● **PROVIDED DATA**
* * * * * * *

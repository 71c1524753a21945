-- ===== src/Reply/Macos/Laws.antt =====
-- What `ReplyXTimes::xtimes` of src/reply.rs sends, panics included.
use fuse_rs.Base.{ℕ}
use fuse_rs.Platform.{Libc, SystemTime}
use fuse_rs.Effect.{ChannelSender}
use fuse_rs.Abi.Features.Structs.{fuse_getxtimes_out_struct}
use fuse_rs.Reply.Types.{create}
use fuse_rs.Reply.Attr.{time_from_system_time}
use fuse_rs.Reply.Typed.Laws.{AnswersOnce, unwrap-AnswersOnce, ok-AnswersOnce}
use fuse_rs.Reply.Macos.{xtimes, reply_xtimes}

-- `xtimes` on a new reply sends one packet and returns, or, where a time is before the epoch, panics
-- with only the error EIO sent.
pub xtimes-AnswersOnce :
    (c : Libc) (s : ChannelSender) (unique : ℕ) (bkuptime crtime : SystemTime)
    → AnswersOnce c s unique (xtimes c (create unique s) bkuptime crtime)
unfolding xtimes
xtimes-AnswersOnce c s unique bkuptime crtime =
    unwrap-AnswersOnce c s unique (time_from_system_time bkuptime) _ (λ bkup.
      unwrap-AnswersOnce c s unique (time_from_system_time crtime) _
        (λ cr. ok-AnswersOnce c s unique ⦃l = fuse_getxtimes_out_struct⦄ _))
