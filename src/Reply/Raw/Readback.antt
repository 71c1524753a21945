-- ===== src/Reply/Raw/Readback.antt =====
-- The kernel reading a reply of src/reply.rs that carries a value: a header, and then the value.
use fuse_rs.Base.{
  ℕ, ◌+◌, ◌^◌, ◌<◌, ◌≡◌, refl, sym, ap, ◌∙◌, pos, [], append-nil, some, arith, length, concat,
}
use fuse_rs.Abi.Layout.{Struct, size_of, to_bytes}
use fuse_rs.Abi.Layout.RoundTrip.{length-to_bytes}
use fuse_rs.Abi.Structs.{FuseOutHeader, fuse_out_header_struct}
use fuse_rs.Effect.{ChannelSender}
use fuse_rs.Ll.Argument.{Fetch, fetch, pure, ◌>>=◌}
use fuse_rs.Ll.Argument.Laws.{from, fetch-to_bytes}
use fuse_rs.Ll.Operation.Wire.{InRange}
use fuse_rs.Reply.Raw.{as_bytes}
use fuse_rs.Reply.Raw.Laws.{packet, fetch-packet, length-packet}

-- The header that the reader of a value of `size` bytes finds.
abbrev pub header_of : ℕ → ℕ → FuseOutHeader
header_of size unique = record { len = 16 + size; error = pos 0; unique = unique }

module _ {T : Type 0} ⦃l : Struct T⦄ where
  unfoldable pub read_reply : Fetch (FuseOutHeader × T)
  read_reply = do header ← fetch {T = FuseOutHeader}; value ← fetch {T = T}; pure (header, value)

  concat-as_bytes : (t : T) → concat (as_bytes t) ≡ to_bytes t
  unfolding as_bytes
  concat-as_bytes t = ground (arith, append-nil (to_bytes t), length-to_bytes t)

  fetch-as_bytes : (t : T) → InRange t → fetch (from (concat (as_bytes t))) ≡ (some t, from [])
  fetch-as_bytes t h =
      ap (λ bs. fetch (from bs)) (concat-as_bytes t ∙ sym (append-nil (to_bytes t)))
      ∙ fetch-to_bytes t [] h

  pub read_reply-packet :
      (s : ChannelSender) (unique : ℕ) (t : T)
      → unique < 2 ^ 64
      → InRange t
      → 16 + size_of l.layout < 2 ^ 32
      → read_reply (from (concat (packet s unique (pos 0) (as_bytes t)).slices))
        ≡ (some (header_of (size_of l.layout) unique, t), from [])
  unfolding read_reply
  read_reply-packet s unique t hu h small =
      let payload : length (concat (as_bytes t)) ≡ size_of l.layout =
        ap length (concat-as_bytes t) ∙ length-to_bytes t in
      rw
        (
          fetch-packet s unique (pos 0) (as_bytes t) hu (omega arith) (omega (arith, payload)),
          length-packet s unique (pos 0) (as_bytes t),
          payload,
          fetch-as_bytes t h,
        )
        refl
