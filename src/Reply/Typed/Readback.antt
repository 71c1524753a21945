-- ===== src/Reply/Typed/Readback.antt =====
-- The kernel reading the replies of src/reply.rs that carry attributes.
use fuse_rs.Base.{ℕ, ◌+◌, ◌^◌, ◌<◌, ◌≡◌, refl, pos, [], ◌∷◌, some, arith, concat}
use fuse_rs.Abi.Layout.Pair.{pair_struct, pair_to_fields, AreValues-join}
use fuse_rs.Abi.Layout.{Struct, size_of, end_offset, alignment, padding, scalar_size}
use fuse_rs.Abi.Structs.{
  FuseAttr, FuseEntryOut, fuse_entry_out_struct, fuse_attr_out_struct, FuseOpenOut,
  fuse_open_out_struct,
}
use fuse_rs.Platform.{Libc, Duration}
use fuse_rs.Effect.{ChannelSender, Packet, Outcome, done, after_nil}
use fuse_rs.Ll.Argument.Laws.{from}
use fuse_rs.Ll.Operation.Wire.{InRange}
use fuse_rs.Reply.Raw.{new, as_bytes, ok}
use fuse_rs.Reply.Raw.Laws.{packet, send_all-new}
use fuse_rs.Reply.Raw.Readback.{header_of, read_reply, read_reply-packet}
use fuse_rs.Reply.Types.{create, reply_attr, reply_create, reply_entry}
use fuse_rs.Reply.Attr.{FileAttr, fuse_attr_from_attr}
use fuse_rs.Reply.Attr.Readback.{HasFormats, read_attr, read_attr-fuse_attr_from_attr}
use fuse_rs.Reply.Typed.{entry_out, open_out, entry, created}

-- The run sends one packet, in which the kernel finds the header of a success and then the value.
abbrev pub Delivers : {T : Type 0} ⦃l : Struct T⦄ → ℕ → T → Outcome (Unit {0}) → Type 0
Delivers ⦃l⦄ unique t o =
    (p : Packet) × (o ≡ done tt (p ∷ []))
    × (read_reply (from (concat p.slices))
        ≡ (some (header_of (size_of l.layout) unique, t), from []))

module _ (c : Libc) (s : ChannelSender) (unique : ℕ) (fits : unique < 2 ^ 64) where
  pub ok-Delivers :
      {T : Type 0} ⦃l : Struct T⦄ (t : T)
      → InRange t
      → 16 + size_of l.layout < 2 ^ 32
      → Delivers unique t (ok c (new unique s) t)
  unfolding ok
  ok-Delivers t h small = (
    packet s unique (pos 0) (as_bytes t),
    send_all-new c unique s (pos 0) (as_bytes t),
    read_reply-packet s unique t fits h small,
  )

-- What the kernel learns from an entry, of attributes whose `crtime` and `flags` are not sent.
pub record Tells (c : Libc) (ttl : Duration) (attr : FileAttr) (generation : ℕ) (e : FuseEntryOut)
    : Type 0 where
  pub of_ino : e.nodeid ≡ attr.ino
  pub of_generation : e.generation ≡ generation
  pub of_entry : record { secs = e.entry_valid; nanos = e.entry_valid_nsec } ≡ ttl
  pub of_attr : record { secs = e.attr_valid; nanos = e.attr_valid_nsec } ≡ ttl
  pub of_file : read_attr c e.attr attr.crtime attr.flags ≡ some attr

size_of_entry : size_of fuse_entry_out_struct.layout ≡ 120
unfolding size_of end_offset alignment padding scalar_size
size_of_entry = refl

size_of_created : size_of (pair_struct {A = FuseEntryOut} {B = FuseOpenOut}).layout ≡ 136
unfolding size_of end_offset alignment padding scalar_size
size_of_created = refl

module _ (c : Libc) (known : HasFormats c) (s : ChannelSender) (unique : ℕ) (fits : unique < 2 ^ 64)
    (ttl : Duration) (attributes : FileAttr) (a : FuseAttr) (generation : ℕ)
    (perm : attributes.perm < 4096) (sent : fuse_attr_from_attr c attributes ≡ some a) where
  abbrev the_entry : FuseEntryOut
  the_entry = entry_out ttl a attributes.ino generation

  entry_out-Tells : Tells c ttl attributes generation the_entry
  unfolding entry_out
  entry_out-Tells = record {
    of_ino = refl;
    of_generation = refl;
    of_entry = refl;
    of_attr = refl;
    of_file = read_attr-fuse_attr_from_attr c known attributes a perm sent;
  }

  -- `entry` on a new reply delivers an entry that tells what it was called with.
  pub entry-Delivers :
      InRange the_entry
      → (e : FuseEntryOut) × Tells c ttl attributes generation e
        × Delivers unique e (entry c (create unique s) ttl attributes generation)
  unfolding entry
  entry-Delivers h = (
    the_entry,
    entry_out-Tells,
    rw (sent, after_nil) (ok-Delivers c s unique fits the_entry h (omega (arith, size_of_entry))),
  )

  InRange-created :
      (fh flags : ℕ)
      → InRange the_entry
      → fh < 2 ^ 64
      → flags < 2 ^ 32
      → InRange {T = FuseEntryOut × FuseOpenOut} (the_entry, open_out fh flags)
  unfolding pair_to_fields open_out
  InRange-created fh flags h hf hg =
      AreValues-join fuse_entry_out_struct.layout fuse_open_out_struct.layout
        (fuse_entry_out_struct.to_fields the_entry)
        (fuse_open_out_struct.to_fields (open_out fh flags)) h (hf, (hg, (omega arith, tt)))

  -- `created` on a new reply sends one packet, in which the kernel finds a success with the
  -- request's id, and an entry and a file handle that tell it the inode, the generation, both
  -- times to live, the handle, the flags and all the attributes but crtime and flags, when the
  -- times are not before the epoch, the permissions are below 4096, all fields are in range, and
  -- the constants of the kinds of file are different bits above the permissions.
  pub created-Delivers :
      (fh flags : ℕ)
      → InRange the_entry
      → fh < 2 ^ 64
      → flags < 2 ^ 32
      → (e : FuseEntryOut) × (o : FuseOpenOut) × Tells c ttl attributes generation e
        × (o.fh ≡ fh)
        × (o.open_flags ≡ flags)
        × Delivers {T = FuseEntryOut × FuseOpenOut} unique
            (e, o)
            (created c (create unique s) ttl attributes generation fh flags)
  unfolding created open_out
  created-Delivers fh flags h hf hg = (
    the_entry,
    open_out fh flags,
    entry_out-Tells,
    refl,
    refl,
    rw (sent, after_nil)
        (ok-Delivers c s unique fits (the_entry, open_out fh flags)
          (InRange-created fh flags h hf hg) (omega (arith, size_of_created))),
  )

* * * * * * *

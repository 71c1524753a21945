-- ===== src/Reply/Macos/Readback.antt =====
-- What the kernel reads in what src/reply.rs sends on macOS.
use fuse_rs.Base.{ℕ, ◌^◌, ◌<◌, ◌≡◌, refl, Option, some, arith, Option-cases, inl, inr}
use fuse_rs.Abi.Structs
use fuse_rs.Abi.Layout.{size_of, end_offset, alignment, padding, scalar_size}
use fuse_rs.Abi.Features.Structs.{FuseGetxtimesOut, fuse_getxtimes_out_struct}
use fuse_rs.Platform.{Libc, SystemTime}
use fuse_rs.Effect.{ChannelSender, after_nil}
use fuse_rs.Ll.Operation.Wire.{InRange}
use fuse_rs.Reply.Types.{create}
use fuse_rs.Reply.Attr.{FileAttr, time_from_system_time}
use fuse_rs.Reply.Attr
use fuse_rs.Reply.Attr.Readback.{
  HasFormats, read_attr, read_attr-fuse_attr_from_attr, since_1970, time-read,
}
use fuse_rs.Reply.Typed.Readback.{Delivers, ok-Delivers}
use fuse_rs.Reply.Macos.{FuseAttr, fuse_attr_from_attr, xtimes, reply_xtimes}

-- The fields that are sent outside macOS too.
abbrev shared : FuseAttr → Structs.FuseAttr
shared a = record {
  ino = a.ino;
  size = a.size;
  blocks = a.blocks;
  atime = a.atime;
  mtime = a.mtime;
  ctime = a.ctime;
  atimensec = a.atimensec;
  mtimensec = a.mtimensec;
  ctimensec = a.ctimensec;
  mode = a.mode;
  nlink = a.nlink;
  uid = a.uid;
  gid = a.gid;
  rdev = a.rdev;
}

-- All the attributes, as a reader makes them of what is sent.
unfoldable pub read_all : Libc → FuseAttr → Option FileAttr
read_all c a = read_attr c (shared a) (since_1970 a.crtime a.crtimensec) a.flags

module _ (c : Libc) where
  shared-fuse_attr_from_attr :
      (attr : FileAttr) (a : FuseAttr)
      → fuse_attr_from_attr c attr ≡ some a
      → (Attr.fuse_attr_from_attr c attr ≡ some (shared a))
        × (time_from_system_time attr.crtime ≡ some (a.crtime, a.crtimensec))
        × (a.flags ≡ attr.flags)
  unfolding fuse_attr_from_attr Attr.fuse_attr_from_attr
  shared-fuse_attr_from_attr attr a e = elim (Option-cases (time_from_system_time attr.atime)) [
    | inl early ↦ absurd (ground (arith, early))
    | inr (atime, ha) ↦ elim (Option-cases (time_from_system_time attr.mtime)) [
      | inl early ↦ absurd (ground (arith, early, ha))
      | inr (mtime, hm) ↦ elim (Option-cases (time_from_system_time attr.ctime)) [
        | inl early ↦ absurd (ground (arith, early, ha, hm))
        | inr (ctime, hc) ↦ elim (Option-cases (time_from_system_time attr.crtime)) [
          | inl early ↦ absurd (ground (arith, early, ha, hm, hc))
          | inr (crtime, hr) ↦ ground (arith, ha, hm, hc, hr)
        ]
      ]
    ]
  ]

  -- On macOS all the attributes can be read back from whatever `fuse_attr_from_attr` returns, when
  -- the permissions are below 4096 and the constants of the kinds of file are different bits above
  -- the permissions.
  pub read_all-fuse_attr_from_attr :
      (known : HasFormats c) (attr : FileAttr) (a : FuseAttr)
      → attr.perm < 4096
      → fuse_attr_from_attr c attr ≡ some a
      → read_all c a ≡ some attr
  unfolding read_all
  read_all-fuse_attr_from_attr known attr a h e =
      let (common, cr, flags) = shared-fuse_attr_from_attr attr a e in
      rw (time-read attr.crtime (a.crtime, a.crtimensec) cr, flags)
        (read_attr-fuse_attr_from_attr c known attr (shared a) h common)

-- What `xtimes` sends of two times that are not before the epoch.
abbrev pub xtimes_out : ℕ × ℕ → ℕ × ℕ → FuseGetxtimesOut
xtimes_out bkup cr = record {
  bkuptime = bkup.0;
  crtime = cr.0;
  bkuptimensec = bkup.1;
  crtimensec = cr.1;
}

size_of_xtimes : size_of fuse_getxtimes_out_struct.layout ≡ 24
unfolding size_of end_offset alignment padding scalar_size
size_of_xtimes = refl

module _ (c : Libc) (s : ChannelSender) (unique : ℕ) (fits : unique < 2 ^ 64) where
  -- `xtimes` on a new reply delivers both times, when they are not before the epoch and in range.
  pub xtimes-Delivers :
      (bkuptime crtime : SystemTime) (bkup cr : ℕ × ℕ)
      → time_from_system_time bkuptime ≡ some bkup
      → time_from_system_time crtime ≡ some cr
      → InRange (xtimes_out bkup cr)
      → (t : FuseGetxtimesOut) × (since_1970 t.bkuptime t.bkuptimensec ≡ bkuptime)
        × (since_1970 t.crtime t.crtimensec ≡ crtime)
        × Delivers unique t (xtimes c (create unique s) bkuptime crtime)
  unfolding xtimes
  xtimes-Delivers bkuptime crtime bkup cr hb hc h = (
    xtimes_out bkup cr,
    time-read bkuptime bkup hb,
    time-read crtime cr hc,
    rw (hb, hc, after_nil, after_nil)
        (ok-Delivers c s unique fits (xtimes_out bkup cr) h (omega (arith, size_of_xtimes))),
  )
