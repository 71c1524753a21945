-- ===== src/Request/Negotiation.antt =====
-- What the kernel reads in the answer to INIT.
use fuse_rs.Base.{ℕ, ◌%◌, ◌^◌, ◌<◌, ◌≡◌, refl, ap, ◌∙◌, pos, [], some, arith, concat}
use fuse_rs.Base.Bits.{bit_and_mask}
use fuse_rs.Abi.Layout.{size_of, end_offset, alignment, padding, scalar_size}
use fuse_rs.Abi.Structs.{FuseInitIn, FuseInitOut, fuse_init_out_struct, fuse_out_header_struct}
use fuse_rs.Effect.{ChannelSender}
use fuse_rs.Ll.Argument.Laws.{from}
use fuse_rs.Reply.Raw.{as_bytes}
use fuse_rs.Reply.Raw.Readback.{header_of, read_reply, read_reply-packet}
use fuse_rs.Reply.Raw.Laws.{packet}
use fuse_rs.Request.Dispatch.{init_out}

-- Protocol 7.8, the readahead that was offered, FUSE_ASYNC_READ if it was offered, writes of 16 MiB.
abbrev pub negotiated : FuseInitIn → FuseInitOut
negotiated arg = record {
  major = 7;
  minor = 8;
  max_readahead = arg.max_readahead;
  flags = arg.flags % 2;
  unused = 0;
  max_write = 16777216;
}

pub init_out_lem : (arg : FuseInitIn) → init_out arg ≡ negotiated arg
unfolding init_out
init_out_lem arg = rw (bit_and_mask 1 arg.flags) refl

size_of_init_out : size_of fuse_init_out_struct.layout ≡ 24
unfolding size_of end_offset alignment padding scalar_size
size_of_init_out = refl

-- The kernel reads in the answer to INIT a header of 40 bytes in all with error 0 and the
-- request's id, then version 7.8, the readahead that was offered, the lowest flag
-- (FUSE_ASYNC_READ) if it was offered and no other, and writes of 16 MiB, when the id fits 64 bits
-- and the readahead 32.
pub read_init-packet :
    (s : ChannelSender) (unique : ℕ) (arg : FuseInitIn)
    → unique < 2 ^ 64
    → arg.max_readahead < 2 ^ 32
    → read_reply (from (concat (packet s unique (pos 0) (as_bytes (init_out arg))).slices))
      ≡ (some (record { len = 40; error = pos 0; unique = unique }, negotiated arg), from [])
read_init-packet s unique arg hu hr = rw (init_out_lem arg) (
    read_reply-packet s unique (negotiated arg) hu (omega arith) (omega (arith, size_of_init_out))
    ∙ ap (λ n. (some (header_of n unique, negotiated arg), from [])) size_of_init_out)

* * * * * * *

● **TASK PROMPT**
Return only the stretch of the material above from the line holding "unfolding ok" through the line holding "pub record Tells", copied exactly.

● **YOUR RESPONSE**
  unfolding ok
  ok-Delivers t h small = (
    packet s unique (pos 0) (as_bytes t),
    send_all-new c unique s (pos 0) (as_bytes t),
    read_reply-packet s unique t fits h small,
  )

-- What the kernel learns from an entry, of attributes whose `crtime` and `flags` are not sent.
pub record Tells (c : Libc) (ttl : Duration) (attr : FileAttr) (generation : ℕ) (e : FuseEntryOut)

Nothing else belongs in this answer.